> _Your instructions_
All lines in the material with the string "Protocol" should be listed.

> _The records_
■ ■ ■ ■ ■ ■ ■
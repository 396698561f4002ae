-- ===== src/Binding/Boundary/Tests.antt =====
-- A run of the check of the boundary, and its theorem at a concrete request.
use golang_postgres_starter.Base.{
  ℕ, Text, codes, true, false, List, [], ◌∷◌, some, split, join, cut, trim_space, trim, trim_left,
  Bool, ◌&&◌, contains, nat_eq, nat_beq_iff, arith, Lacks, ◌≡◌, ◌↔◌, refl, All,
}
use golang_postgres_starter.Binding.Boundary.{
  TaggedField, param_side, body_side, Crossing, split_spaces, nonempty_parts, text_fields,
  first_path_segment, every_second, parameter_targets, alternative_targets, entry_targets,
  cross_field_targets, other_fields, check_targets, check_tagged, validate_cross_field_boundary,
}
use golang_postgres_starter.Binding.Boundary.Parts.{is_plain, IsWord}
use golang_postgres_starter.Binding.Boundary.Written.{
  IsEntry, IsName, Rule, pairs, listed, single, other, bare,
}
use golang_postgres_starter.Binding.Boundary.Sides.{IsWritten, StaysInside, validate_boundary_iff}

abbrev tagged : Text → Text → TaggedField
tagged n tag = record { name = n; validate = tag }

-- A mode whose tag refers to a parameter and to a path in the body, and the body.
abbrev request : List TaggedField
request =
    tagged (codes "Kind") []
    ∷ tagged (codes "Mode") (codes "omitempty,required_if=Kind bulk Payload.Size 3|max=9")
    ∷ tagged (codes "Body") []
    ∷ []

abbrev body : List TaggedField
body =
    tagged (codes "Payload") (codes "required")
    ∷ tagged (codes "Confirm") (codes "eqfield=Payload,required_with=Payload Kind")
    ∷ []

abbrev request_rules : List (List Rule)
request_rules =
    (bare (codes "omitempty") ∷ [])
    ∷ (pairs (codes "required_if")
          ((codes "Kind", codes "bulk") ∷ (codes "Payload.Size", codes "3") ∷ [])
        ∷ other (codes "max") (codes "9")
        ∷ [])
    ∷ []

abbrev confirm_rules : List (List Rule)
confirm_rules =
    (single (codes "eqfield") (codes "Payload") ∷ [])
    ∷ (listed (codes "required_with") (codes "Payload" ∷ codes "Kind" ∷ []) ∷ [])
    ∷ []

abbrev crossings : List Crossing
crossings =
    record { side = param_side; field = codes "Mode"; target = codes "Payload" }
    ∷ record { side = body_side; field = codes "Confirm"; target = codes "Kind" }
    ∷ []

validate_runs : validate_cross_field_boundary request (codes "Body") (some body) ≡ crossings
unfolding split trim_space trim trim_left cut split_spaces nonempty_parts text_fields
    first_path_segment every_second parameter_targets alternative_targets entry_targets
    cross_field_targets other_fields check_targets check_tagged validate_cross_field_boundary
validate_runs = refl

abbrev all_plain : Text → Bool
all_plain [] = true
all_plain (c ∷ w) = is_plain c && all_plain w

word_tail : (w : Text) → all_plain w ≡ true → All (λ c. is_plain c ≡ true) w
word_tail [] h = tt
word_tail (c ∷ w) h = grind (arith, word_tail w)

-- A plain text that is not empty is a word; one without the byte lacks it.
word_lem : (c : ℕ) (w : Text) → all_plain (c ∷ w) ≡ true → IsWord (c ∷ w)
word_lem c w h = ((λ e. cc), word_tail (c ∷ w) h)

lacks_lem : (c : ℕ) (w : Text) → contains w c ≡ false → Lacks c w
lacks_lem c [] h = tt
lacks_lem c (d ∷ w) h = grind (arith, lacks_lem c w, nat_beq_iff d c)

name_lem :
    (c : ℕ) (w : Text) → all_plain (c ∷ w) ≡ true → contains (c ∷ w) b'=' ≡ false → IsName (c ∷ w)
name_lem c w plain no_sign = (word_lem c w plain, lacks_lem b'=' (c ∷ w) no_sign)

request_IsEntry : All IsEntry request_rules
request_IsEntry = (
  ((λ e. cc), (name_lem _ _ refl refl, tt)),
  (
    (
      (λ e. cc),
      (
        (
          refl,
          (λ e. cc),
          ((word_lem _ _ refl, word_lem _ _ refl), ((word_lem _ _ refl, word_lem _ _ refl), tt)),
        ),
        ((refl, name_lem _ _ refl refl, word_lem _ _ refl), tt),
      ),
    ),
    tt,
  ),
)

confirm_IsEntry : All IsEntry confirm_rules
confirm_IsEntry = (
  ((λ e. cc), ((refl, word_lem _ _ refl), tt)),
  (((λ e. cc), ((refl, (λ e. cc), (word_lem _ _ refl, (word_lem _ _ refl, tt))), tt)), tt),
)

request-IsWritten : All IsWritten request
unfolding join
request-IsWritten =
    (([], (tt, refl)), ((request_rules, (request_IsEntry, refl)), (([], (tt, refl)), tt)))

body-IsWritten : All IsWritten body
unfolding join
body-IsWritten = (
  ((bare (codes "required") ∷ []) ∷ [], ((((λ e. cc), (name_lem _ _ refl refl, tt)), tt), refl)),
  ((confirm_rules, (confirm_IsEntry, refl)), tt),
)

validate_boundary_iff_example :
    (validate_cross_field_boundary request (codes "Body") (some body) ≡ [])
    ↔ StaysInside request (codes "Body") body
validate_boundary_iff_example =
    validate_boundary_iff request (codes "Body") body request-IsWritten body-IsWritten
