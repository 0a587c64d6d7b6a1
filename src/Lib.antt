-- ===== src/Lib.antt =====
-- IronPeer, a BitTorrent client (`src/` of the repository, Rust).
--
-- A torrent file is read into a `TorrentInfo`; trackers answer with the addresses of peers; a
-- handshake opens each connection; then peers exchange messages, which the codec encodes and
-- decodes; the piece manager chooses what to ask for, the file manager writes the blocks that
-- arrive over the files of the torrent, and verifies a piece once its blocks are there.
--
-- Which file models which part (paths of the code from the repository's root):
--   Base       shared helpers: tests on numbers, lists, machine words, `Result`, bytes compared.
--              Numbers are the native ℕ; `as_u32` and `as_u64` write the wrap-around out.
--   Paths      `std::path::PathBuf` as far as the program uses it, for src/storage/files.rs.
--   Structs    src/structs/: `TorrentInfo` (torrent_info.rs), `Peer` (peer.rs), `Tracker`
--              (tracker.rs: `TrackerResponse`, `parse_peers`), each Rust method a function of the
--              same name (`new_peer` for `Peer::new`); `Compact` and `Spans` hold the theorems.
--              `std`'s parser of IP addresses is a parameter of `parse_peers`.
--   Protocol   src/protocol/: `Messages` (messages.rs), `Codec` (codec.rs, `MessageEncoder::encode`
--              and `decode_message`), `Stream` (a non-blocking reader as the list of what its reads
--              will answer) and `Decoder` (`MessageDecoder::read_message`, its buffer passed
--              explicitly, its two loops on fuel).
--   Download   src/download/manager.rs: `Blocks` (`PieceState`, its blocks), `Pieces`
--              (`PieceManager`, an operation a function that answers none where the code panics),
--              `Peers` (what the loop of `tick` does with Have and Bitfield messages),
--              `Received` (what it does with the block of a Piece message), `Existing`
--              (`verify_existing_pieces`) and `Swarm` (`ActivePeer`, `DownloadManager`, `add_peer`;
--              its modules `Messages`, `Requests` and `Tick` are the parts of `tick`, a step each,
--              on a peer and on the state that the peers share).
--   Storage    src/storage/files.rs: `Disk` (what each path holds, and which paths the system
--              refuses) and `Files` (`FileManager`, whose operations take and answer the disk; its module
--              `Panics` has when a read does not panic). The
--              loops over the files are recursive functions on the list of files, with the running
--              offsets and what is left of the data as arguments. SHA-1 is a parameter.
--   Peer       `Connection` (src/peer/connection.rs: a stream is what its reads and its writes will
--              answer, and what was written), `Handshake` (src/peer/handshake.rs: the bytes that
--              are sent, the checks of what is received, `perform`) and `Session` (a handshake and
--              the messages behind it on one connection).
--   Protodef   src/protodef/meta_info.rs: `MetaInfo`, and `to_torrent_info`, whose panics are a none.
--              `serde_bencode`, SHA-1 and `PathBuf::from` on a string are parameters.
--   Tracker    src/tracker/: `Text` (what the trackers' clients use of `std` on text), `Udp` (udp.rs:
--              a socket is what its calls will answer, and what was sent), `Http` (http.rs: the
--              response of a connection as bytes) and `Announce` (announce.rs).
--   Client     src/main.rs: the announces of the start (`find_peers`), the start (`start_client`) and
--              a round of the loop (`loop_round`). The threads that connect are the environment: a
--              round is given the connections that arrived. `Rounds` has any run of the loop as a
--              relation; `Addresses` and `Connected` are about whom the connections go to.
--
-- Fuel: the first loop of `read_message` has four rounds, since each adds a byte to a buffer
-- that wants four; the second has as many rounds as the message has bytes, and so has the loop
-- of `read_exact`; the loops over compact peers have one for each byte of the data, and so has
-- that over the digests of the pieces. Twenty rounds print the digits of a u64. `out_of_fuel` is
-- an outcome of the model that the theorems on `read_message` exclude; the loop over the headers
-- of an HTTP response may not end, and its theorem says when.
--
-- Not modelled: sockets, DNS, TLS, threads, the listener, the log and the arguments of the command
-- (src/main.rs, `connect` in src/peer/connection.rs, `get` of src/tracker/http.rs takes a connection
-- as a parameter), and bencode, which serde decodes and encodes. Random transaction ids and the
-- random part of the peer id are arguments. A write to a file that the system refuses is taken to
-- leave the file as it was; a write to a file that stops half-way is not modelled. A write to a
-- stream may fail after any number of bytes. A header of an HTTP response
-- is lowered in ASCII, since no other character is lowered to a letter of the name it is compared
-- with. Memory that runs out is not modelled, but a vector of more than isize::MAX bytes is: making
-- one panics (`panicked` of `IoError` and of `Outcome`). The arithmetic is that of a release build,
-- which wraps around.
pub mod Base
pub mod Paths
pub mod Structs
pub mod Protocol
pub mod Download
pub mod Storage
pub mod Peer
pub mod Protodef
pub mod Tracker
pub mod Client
■ ■ ■ ■ ■ ■ ■
> _Exercise output_
--   Protocol   src/protocol/: `Messages` (messages.rs), `Codec` (codec.rs, `MessageEncoder::encode`
pub mod Protocol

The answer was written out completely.